Nesse momento, explicam os curadores, teve início um processo duplo de autoconstrução subjetiva e artística: "Lorenz decidiu usar o nome Lorenza como confirmação de uma posição transexual abertamente feminina. Os desenhos e autorretratos de Lorenz como mulher, pintados com a boca e os pés, em roupas de mulher desenhadas para pessoas sem braços, como também sequências fotográficas que documentam o processo de transformação, funcionam como tecnologias performáticas da criação de uma subjetividade transgênera sem braços."

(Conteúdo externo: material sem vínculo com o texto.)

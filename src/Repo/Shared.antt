-- ===== src/Repo/Shared.antt =====
-- do/repo/catalog/shared.ts: time limits, the schedule of compaction and the metadata defaults.
pub mod Deferral
use git_on_cloudflare.Base.{
  ℕ, zero, suc, ◌+◌, ◌*◌, min, true, List, [], ◌∷◌, Option, none, some, Text, codes, if◌then◌else◌,
  get_or_else, text_eq, any, is_empty,
}
use git_on_cloudflare.Repo.State.{RepoState, Head}

abbrev pub receive_lease_ttl_ms : ℕ
receive_lease_ttl_ms = 30 * 60_000

abbrev pub compact_lease_ttl_ms : ℕ
compact_lease_ttl_ms = 20 * 60_000

abbrev pub lease_retry_after_seconds : ℕ
lease_retry_after_seconds = 10

abbrev pub compaction_rearm_delay_ms : ℕ
compaction_rearm_delay_ms = 60_000

abbrev pub compaction_wake_delay_ms : ℕ
compaction_wake_delay_ms = 5_000

abbrev pub compaction_activity_quiet_ms : ℕ
compaction_activity_quiet_ms = 15_000

abbrev pub compaction_max_deferral_ms : ℕ
compaction_max_deferral_ms = compaction_rearm_delay_ms

abbrev pub default_head : Head
default_head = record { target = codes "refs/heads/main"; oid = none; unborn = some true }

unfoldable pub compaction_start_at : ℕ → ℕ → ℕ
compaction_start_at wanted_at pending_since =
    min (wanted_at + compaction_activity_quiet_ms) (pending_since + compaction_max_deferral_ms)

-- `uniq`: undefined and empty items are left out, and so is a repeated one.
pub uniq_onto : List Text → List (Option Text) → List Text
uniq_onto seen [] = []
uniq_onto seen (none ∷ items) = uniq_onto seen items
uniq_onto seen (some item ∷ items) =
    let skipped = uniq_onto seen items in
    let kept = uniq_onto (item ∷ seen) items in
    if is_empty item
    then skipped
    else if any (λ s. text_eq s item) seen
    then skipped
    else item ∷ kept

pub uniq : List (Option Text) → List Text
unfolding uniq_onto
uniq items = uniq_onto [] items

-- `value || d`, where 0 counts as missing.
abbrev pub or_number : Option ℕ → ℕ → ℕ
or_number none d = d
or_number (some zero) d = d
or_number (some (suc n)) d = suc n

abbrev pub default_number : Option ℕ → ℕ → Option ℕ
default_number none d = some d
default_number (some n) d = some n

unfoldable pub ensure_repo_metadata_defaults : RepoState → RepoState
ensure_repo_metadata_defaults s = record s {
  refs_version = default_number s.refs_version 0;
  packset_version = default_number s.packset_version 0;
  next_pack_seq = default_number s.next_pack_seq 1;
}

abbrev pub next_packset_version : RepoState → ℕ
next_packset_version s = or_number s.packset_version 0 + 1

unfoldable pub bump_packset_version : RepoState → RepoState
bump_packset_version s = record s { packset_version = some (next_packset_version s) }

unfoldable pub mark_compaction_activity : ℕ → RepoState → RepoState
mark_compaction_activity activity_at s = record s {
  compaction_wanted_at = some activity_at;
  compaction_pending_since = some (get_or_else s.compaction_pending_since activity_at);
}

unfoldable pub clear_compaction_schedule : RepoState → RepoState
clear_compaction_schedule s = record s {
  compaction_wanted_at = none;
  compaction_pending_since = none;
}
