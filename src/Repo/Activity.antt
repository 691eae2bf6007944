-- ===== src/Repo/Activity.antt =====
-- do/repo/catalog/activity.ts, do/repo/nativeReceiveActivity.ts and the ownership tests of
-- do/repo/catalog/gcCoordination.ts: who is at work on a repository.
pub mod Idle
use git_on_cloudflare.Base.{
  ℕ, Bool, true, false, not, ◌&&◌, List, [], ◌∷◌, Option, none, some, Text, text_eq, if◌then◌else◌,
  ltb, filter_by, any, get_or_else, is_some,
}
use git_on_cloudflare.Repo.State.{
  RepoState, RepoLease, NativeReceiveOperation, NativeReceiveOperationState, GcOperation, GcPhase,
}

unfoldable pub active_lease_or_undefined : Option RepoLease → ℕ → Option RepoLease
active_lease_or_undefined none now = none
active_lease_or_undefined (some lease) now = if ltb now lease.expires_at then some lease else none

unfoldable pub active_stock_receive_preparation_leases :
    Option (List RepoLease) → ℕ → List RepoLease
active_stock_receive_preparation_leases leases now =
    filter_by (λ lease. ltb now lease.expires_at) (get_or_else leases [])

abbrev pub list_active_stock_receive_preparation_leases : RepoState → ℕ → List RepoLease
list_active_stock_receive_preparation_leases s now =
    active_stock_receive_preparation_leases s.stock_receive_preparation_leases now

abbrev or_delete : List RepoLease → Option (List RepoLease)
or_delete [] = none
or_delete (l ∷ ls) = some (l ∷ ls)

-- The new state, and whether the token was there.
unfoldable pub remove_stock_receive_preparation_lease : Text → RepoState → RepoState × Bool
remove_stock_receive_preparation_lease token s =
    let leases = get_or_else s.stock_receive_preparation_leases [] in
    if any (λ l. text_eq l.token token) leases
    then (
      record s {
        stock_receive_preparation_leases =
            or_delete (filter_by (λ l. not (text_eq l.token token)) leases);
      },
      true,
    )
    else (s, false)

abbrev pub is_native_receive_terminal : NativeReceiveOperationState → Bool
is_native_receive_terminal NativeReceiveOperationState.committed = true
is_native_receive_terminal NativeReceiveOperationState.aborted = true
is_native_receive_terminal NativeReceiveOperationState.failed = true
is_native_receive_terminal _ = false

unfoldable pub active_operations :
    (Text → Option NativeReceiveOperation) → List Text → List NativeReceiveOperation
active_operations lookup_operation [] = []
active_operations lookup_operation (id ∷ ids) =
    let rest = active_operations lookup_operation ids in
    elim (lookup_operation id) [
      | none ↦ rest
      | some operation ↦
          if is_native_receive_terminal operation.state then rest else operation ∷ rest
    ]

unfoldable pub list_active_native_receive_operations : RepoState → List NativeReceiveOperation
unfolding active_operations
list_active_native_receive_operations s =
    active_operations s.native_receive_operation (get_or_else s.native_receive_operation_index [])

unfoldable pub list_active_stock_receive_operations : RepoState → List NativeReceiveOperation
list_active_stock_receive_operations s =
    filter_by (λ o. o.stock_receive) (list_active_native_receive_operations s)

abbrev pub is_complete_or_blocked : GcPhase → Bool
is_complete_or_blocked GcPhase.complete = true
is_complete_or_blocked GcPhase.blocked = true
is_complete_or_blocked _ = false

unfoldable pub gc_owns_source : Option GcOperation → Bool
gc_owns_source none = false
gc_owns_source (some operation) =
    is_some operation.snapshot
    && (not (is_some operation.commit) && not (is_complete_or_blocked operation.phase))

unfoldable pub gc_owns_maintenance : Option GcOperation → Bool
gc_owns_maintenance none = false
gc_owns_maintenance (some operation) =
    is_some operation.snapshot && not (is_complete_or_blocked operation.phase)
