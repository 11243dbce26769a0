-- ===== src/External/State.antt =====
-- frost_protocol's state types, with the fields that the source fills in, and what the code calls on
-- them: the constructors and codecs of frost_protocol, serde_json, hex and rs_merkle.
use frost_substrate.Prelude.{ℕ, String, Bytes, Option, none, List, [], Result, ◌≡◌}
use frost_substrate.External.Frost.{BlockRef, ProofType}

pub data StateError : Type 0 where
  internal : String → StateError

pub record StateRoot (C : Type 0) : Type 0 where
  pub block_ref : BlockRef C
  pub root_hash : Bytes

-- `chain_specific` is the JSON object of the three names.
pub record TransitionMetadata : Type 0 where
  pub timestamp : ℕ
  pub version : ℕ
  pub proof_type : ProofType
  pub module_name : String
  pub function_name : String
  pub target_chain : String

pub record StateTransition (C : Type 0) : Type 0 where
  pub chain_id : C
  pub block_height : ℕ
  pub pre_state : StateRoot C
  pub post_state : StateRoot C
  pub transition_proof : Option Bytes
  pub metadata : TransitionMetadata

pub record BlockSummary : Type 0 where
  pub number : ℕ
  pub hash : String
  pub parent_hash : String

-- The two JSON objects that the generators write.
pub data ProofMetadata : Type 0 where
  merkle_metadata : (source target : BlockSummary) → (merkle_root : String) → ProofMetadata
  bls_metadata :
      (validator_set : List (String × ℕ)) → (source target : BlockSummary) → ProofMetadata

-- Times are in seconds.
pub record ProofData : Type 0 where
  pub proof_type : ProofType
  pub content : Bytes
  pub metadata : Option ProofMetadata
  pub generated_at : ℕ
  pub expires_at : Option ℕ
  pub version : ℕ

pub record States (C P : Type 0) : Type 0 where
  pub default_block_ref : BlockRef C
  pub default_state_root : StateRoot C
  pub new_proof : StateTransition C → ProofData → P
  pub proof_type_of : P → ProofType
  pub encode_proof : P → Bytes
  -- `String::from_utf8_lossy` and `hex::encode`.
  pub from_utf8_lossy : Bytes → String
  pub hex_encode : Bytes → String
  -- `{}` of a size.
  pub display_size : ℕ → String
  -- `serde_json::to_value` and `to_vec`.
  pub to_value : ProofMetadata → Result String ProofMetadata
  pub to_vec : ProofData → Result String Bytes
  -- `MerkleTree::from_leaves(..).root()` over SHA-256.
  pub merkle_root : List Bytes → Option Bytes

-- What the documentation says: a proof has the type of its data, and a tree with no leaf has no root.
pub record IsStates (C P : Type 0) (st : States C P) : Type 0 where
  pub type_new_proof :
      (t : StateTransition C) (d : ProofData) → st.proof_type_of (st.new_proof t d) ≡ d.proof_type
  pub root_empty : st.merkle_root [] ≡ none
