-- ===== src/Finality/Config.antt =====
-- src/finality/mod.rs: `ChainConfig`, `NetworkType` and `GrandpaVerificationParams`.
use frost_substrate.Prelude.{ℕ, ◌*◌, ◌^◌, String, format, [], ◌∷◌, Bool, true}
use frost_substrate.External.Float.{Float}

pub data NetworkType : Type 0 where
  mainnet : NetworkType
  testnet : String → NetworkType
  development : NetworkType

pub record ChainConfig : Type 0 where
  pub chain_id : String
  pub network_type : NetworkType
  pub authority_set_id : ℕ

abbrev pub chain_config_default : ChainConfig
chain_config_default = record {
  chain_id = "substrate-default";
  network_type = development;
  authority_set_id = 0;
}

abbrev pub chain_id_text : String → NetworkType → String
chain_id_text id mainnet = id
chain_id_text id (testnet name) = format (id ∷ "-testnet-" ∷ name ∷ [])
chain_id_text id development = format (id ∷ "-dev" ∷ [])

unfoldable pub get_chain_id : ChainConfig → String
get_chain_id config = chain_id_text config.chain_id config.network_type

-- Times are in nanoseconds.
abbrev pub from_secs : ℕ → ℕ
from_secs s = s * 10 ^ 9

pub record GrandpaVerificationParams (F : Type 0) : Type 0 where
  pub min_confirmations : ℕ
  pub min_participation : F
  pub max_fork_depth : ℕ
  pub timeout : ℕ
  pub set_id : ℕ
  pub strict_signature_verification : Bool

abbrev pub params_default : {F : Type 0} ⦃fl : Float F⦄ → GrandpaVerificationParams F
params_default ⦃fl⦄ = record {
  min_confirmations = 2;
  min_participation = fl.decimal 67 2;
  max_fork_depth = 50;
  timeout = from_secs 30;
  set_id = 0;
  strict_signature_verification = true;
}
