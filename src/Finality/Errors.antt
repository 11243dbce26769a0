-- ===== src/Finality/Errors.antt =====
-- src/finality/mod.rs: `GrandpaFinalityVerificationError`, its texts and its conversions.
use frost_substrate.Prelude.{String, format, [], ◌∷◌}
use frost_substrate.External.Frost.{
  FinalityError, chain_error as chain_failure, consensus_error as consensus_failure,
  FinalityVerificationError, verification_error,
}

pub data GrandpaFinalityVerificationError : Type 0 where
  chain_error : String → GrandpaFinalityVerificationError
  block_not_found : String → GrandpaFinalityVerificationError
  consensus_error : String → GrandpaFinalityVerificationError
  timeout_error : String → GrandpaFinalityVerificationError
  invalid_justification : String → GrandpaFinalityVerificationError
  invalid_proof : String → GrandpaFinalityVerificationError
  authority_set_error : String → GrandpaFinalityVerificationError
  signature_verification_error : String → GrandpaFinalityVerificationError
  invalid_input : String → GrandpaFinalityVerificationError

-- The texts that `thiserror` derives.
abbrev pub to_string : GrandpaFinalityVerificationError → String
to_string (chain_error s) = format ("Chain error: " ∷ s ∷ [])
to_string (block_not_found s) = format ("Block not found: " ∷ s ∷ [])
to_string (consensus_error s) = format ("Consensus error: " ∷ s ∷ [])
to_string (timeout_error s) = format ("Timeout error: " ∷ s ∷ [])
to_string (invalid_justification s) = format ("Invalid justification: " ∷ s ∷ [])
to_string (invalid_proof s) = format ("Invalid proof: " ∷ s ∷ [])
to_string (authority_set_error s) = format ("Authority set error: " ∷ s ∷ [])
to_string (signature_verification_error s) = format ("Signature verification failed: " ∷ s ∷ [])
to_string (invalid_input s) = format ("Invalid input: " ∷ s ∷ [])

-- `From` into `FinalityVerificationError`.
abbrev pub to_verification_error : GrandpaFinalityVerificationError → FinalityVerificationError
to_verification_error e = verification_error (to_string e)

-- `From` into `FinalityError`.
abbrev pub to_finality_error : {C : Type 0} → GrandpaFinalityVerificationError → FinalityError C
to_finality_error (consensus_error msg) = consensus_failure msg 0 0
to_finality_error (chain_error s) = chain_failure (to_string (chain_error s))
to_finality_error e = chain_failure (to_string e)
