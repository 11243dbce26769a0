-- ===== src/Finality/Client.antt =====
-- src/finality/mod.rs: `SubstrateVerificationClient`, its construction and its authority set. The
-- reads of the chain stand in the modules below. `client` is the `Chain` that a call is given; the
-- gauge is the number that the client last set.
pub mod Justification
pub mod Status
pub mod Cache
pub mod Queries
pub mod Confidence
pub mod Weights
pub mod Updates
pub mod Decisions
pub mod Head
pub mod CacheLaws
pub mod CacheEntries
pub mod Staleness
pub mod Tasks
pub mod Races
pub mod Conservative
pub mod Repeats
pub mod Alone
pub mod Ballots
pub mod Counters
use frost_substrate.Prelude.{
  ℕ, String, Bool, Option, some, List, [], ◌∷◌, length, format, Result, ok, err, map_err, ok_or,
  ◌>>=◌, ◌>>◌,
}
use frost_substrate.External.Chain.{Hash, AuthorityList, Chain}
use frost_substrate.External.Frost.{Frost}
use frost_substrate.External.Grandpa.{Grandpa}
use frost_substrate.Finality.Config.{chain_id_text, ChainConfig, GrandpaVerificationParams}
use frost_substrate.Finality.Errors.{
  GrandpaFinalityVerificationError, chain_error, authority_set_error,
}

pub record FinalityStatus (F : Type 0) : Type 0 where
  pub block_number : ℕ
  pub confirmations : ℕ
  pub has_justification : Bool
  pub is_finalized : Bool
  pub participation_rate : F

-- A cached status with the `Instant` of its entry, in nanoseconds.
pub record CacheEntry (F : Type 0) : Type 0 where
  pub status : FinalityStatus F
  pub timestamp : ℕ

pub record SubstrateVerificationClient (V F : Type 0) : Type 0 where
  pub voter_set : V
  pub params : GrandpaVerificationParams F
  pub chain_config : ChainConfig
  pub finality_cache : List (Hash × CacheEntry F)
  pub validators_gauge : ℕ

module _ {V F : Type 0} where
  -- `gauge` is what the process-wide gauge shows; `new` does not set it.
  unfoldable pub new_client :
      V → GrandpaVerificationParams F → ChainConfig → (gauge : ℕ) → SubstrateVerificationClient V F
  new_client voter_set params chain_config gauge = record {
    voter_set = voter_set;
    params = params;
    chain_config = chain_config;
    finality_cache = [];
    validators_gauge = gauge;
  }

module _ {V F : Type 0} (g : Grandpa V) (chain : Chain) where
  unfoldable pub new_with_runtime_authorities :
      GrandpaVerificationParams F
      → ChainConfig
      → (gauge : ℕ) → Result GrandpaFinalityVerificationError (SubstrateVerificationClient V F)
  unfolding new_client
  new_with_runtime_authorities params chain_config gauge = do
    authorities ←
        map_err (λ e. chain_error (format ("Failed to get GRANDPA authorities: " ∷ e ∷ [])))
          (chain.grandpa_authorities chain.info.best_hash)
    voter_set ←
        ok_or (authority_set_error "Failed to create voter set from authorities")
          (g.voter_set_new authorities)
    ok (new_client voter_set params chain_config gauge)

module _ {V : Type 0} (g : Grandpa V) (chain : Chain) where
  -- `DefaultHasher` over the list of the best block stands in for the set id.
  unfoldable pub get_current_set_id : Result GrandpaFinalityVerificationError ℕ
  get_current_set_id = do
    authorities ←
        map_err (λ e. chain_error (format ("Failed to get current set ID: " ∷ e ∷ [])))
          (chain.grandpa_authorities chain.info.best_hash)
    ok (g.hash_authorities authorities)

module _ {V F : Type 0} (g : Grandpa V) where
  abbrev replace_voter_set :
      AuthorityList
      → SubstrateVerificationClient V F
      → Result GrandpaFinalityVerificationError (SubstrateVerificationClient V F)
  replace_voter_set authorities client = do
    voter_set ←
        ok_or (authority_set_error "Failed to create voter set") (g.voter_set_new authorities)
    ok (record client { voter_set = voter_set })

  -- The result is the new state of the client; an error leaves it as it was.
  unfoldable pub handle_authority_set_update :
      AuthorityList
      → (set_id : ℕ) → SubstrateVerificationClient V F
      → Result GrandpaFinalityVerificationError (SubstrateVerificationClient V F)
  handle_authority_set_update new_set set_id client = replace_voter_set new_set client

  unfoldable pub update_authorities_from_runtime :
      {C : Type 0}
      → Frost C
      → Chain
      → Hash
      → SubstrateVerificationClient V F
      → Result GrandpaFinalityVerificationError (SubstrateVerificationClient V F)
  update_authorities_from_runtime frost chain block_hash client = do
    authorities ←
        map_err
          (λ e. chain_error (
            format (
              "Failed to get authorities at block "
              ∷ frost.display_hash block_hash
              ∷ ": "
              ∷ e
              ∷ [])))
          (chain.grandpa_authorities block_hash)
    updated ← replace_voter_set authorities client
    ok (record updated { validators_gauge = length authorities })

-- `GrandpaFinalityProvider`.
abbrev pub get_voter_set : {V F : Type 0} → SubstrateVerificationClient V F → V
get_voter_set client = client.voter_set

abbrev pub get_verification_params :
    {V F : Type 0} → SubstrateVerificationClient V F → GrandpaVerificationParams F
get_verification_params client = client.params

-- The private method of the client, a second copy of `ChainConfig::get_chain_id`.
abbrev client_chain_id : {V F : Type 0} → SubstrateVerificationClient V F → String
client_chain_id client = chain_id_text client.chain_config.chain_id client.chain_config.network_type

-- Nothing makes one.
record VotingRoundInfo : Type 0 where
  round : ℕ
  set_id : ℕ
  target_hash : Hash
  target_number : ℕ
  precommit_count : ℕ
  total_weight : ℕ
  valid_weight : ℕ
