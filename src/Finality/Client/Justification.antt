-- ===== src/Finality/Client/Justification.antt =====
-- src/finality/mod.rs: `verify_justification`.
use frost_substrate.Prelude.{
  ℕ, ◌+◌, ◌-◌, ◌^◌, min, Bool, none, some, List, [], ◌∷◌, Result, ok, ltb, if◌then◌else◌,
}
use frost_substrate.External.Float.{Float}
use frost_substrate.External.Grandpa.{Grandpa, SignedPrecommit, Justification}
use frost_substrate.Finality.Client.{SubstrateVerificationClient}
use frost_substrate.Finality.Errors.{GrandpaFinalityVerificationError}

abbrev pub u64_max : ℕ
u64_max = 2 ^ 64 - 1

-- `u64::saturating_add`.
abbrev pub saturating_add : ℕ → ℕ → ℕ
saturating_add a b = min (a + b) u64_max

-- The two sums of the loop.
pub record Tally : Type 0 where
  pub signed_weight : ℕ
  pub valid_signatures : ℕ

abbrev pub no_votes : Tally
no_votes = record { signed_weight = 0; valid_signatures = 0 }

module _ {V : Type 0} (g : Grandpa V) (authority_set : V) where
  abbrev pub is_signed : SignedPrecommit → Bool
  is_signed p = g.verify p.signature (g.encode_precommit p.precommit) p.id

  -- The body of the loop, without its metrics.
  unfoldable pub count_precommit : SignedPrecommit → Tally → Tally
  count_precommit p t = elim (g.voter_weight authority_set p.id) [
    | none ↦ t
    | some weight ↦
        if is_signed p
        then record {
          signed_weight = saturating_add t.signed_weight weight;
          valid_signatures = t.valid_signatures + 1;
        }
        else t
  ]

  unfoldable pub tally : List SignedPrecommit → Tally → Tally
  unfolding count_precommit
  tally [] t = t
  tally (p ∷ rest) t = tally rest (count_precommit p t)

module _ {V F : Type 0} ⦃fl : Float F⦄ (g : Grandpa V) where
  unfoldable pub participation_of : V → ℕ → F
  participation_of authority_set signed_weight =
      let total_weight = g.total_weight authority_set in
      if ltb 0 total_weight
      then fl.div (fl.of_u64 signed_weight) (fl.of_u64 total_weight)
      else fl.decimal 0 0

  unfoldable pub verify_justification :
      SubstrateVerificationClient V F
      → Justification
      → Result GrandpaFinalityVerificationError (Bool × F)
  unfolding tally participation_of
  verify_justification client justification =
      let authority_set = client.voter_set in
      let votes = tally g authority_set justification.precommits no_votes in
      let participation_rate = participation_of authority_set votes.signed_weight in
      ok (fl.le client.params.min_participation participation_rate, participation_rate)
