-- ===== src/Finality/Client/Status.antt =====
-- src/finality/mod.rs: `get_finality_status`.
use frost_substrate.Prelude.{
  ◌-◌, Bool, true, false, Option, none, some, List, [], ◌∷◌, Bytes, format, leb, Result, ok, err,
  map_err, ok_or, ◌>>=◌,
}
use frost_substrate.External.Chain.{Hash, Header, Chain}
use frost_substrate.External.Float.{Float}
use frost_substrate.External.Frost.{Frost}
use frost_substrate.External.Grandpa.{Grandpa}
use frost_substrate.Finality.Client.{SubstrateVerificationClient, FinalityStatus}
use frost_substrate.Finality.Client.Justification.{verify_justification}
use frost_substrate.Finality.Errors.{GrandpaFinalityVerificationError, chain_error, block_not_found}

abbrev pub is_some : Option Bytes → Bool
is_some none = false
is_some (some bytes) = true

abbrev pub grandpa_justification :
    {V : Type 0} → Grandpa V → Option (List (Bytes × Bytes)) → Option Bytes
grandpa_justification g none = none
grandpa_justification g (some all) = g.into_justification all

module _ {C : Type 0} (frost : Frost C) (chain : Chain) where
  -- `client.header(..)` with its two errors, as five of the methods call it.
  unfoldable pub require_header : Hash → Result GrandpaFinalityVerificationError Header
  require_header block_hash = do
    found ←
        map_err (λ e. chain_error (format ("Failed to get header: " ∷ e ∷ [])))
          (chain.header block_hash)
    ok_or (block_not_found (frost.debug_hash block_hash)) found

module _ {V F : Type 0} ⦃fl : Float F⦄ (g : Grandpa V) where
  -- The rate of a justification that decodes; any failure is logged and counts as 0.0.
  unfoldable pub justified_rate : SubstrateVerificationClient V F → Option Bytes → F
  unfolding verify_justification
  justified_rate client none = fl.decimal 0 0
  justified_rate client (some bytes) = elim (g.decode_justification bytes) [
    | err e ↦ fl.decimal 0 0
    | ok justification ↦ elim (verify_justification g client justification) [
      | ok (_, rate) ↦ rate
      | err e ↦ fl.decimal 0 0
    ]
  ]

module _ {C V F : Type 0} ⦃fl : Float F⦄ (g : Grandpa V) (frost : Frost C) (chain : Chain) where
  unfoldable pub get_finality_status :
      SubstrateVerificationClient V F
      → Hash
      → Result GrandpaFinalityVerificationError (FinalityStatus F)
  unfolding justified_rate require_header
  get_finality_status client block_hash = do
    header ← require_header frost chain block_hash
    found ←
        map_err (λ e. chain_error (format ("Failed to get justification: " ∷ e ∷ [])))
          (chain.justifications block_hash)
    let latest_finalized = chain.info.finalized_number
    let justification = grandpa_justification g found
    ok (record {
      block_number = header.number;
      confirmations = latest_finalized - header.number;
      has_justification = is_some justification;
      is_finalized = leb header.number latest_finalized;
      participation_rate = justified_rate g client justification;
    })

Nesse ponto, a obra de Lorenza Böttner pode ser vista como um trabalho de resistência: enquanto o discurso médico e os modos de representação pretendem dessexualizar e transformar o corpo deficiente num corpo sem definição de gênero, o trabalho de performance de Lorenza erotiza o corpo trans e sem braços, equipando-o com potência sexual e política.

Em 1988, Lorenza mudou-se para Barcelona. Em 1992, ela se tornou a personificação viva de "Petra", a menina-mascote sem braços criada para os Jogos Paralímpicos no mesmo ano, lembraram os curadores.

Lorenza morreu em 1994 devido a complicações relacionadas com HIV. Sua obra em forma de desenhos, pastéis, pinturas, vídeo, como também material de arquivo, poderá ser vista até 17 de setembro na Neue Galerie, em Kassel.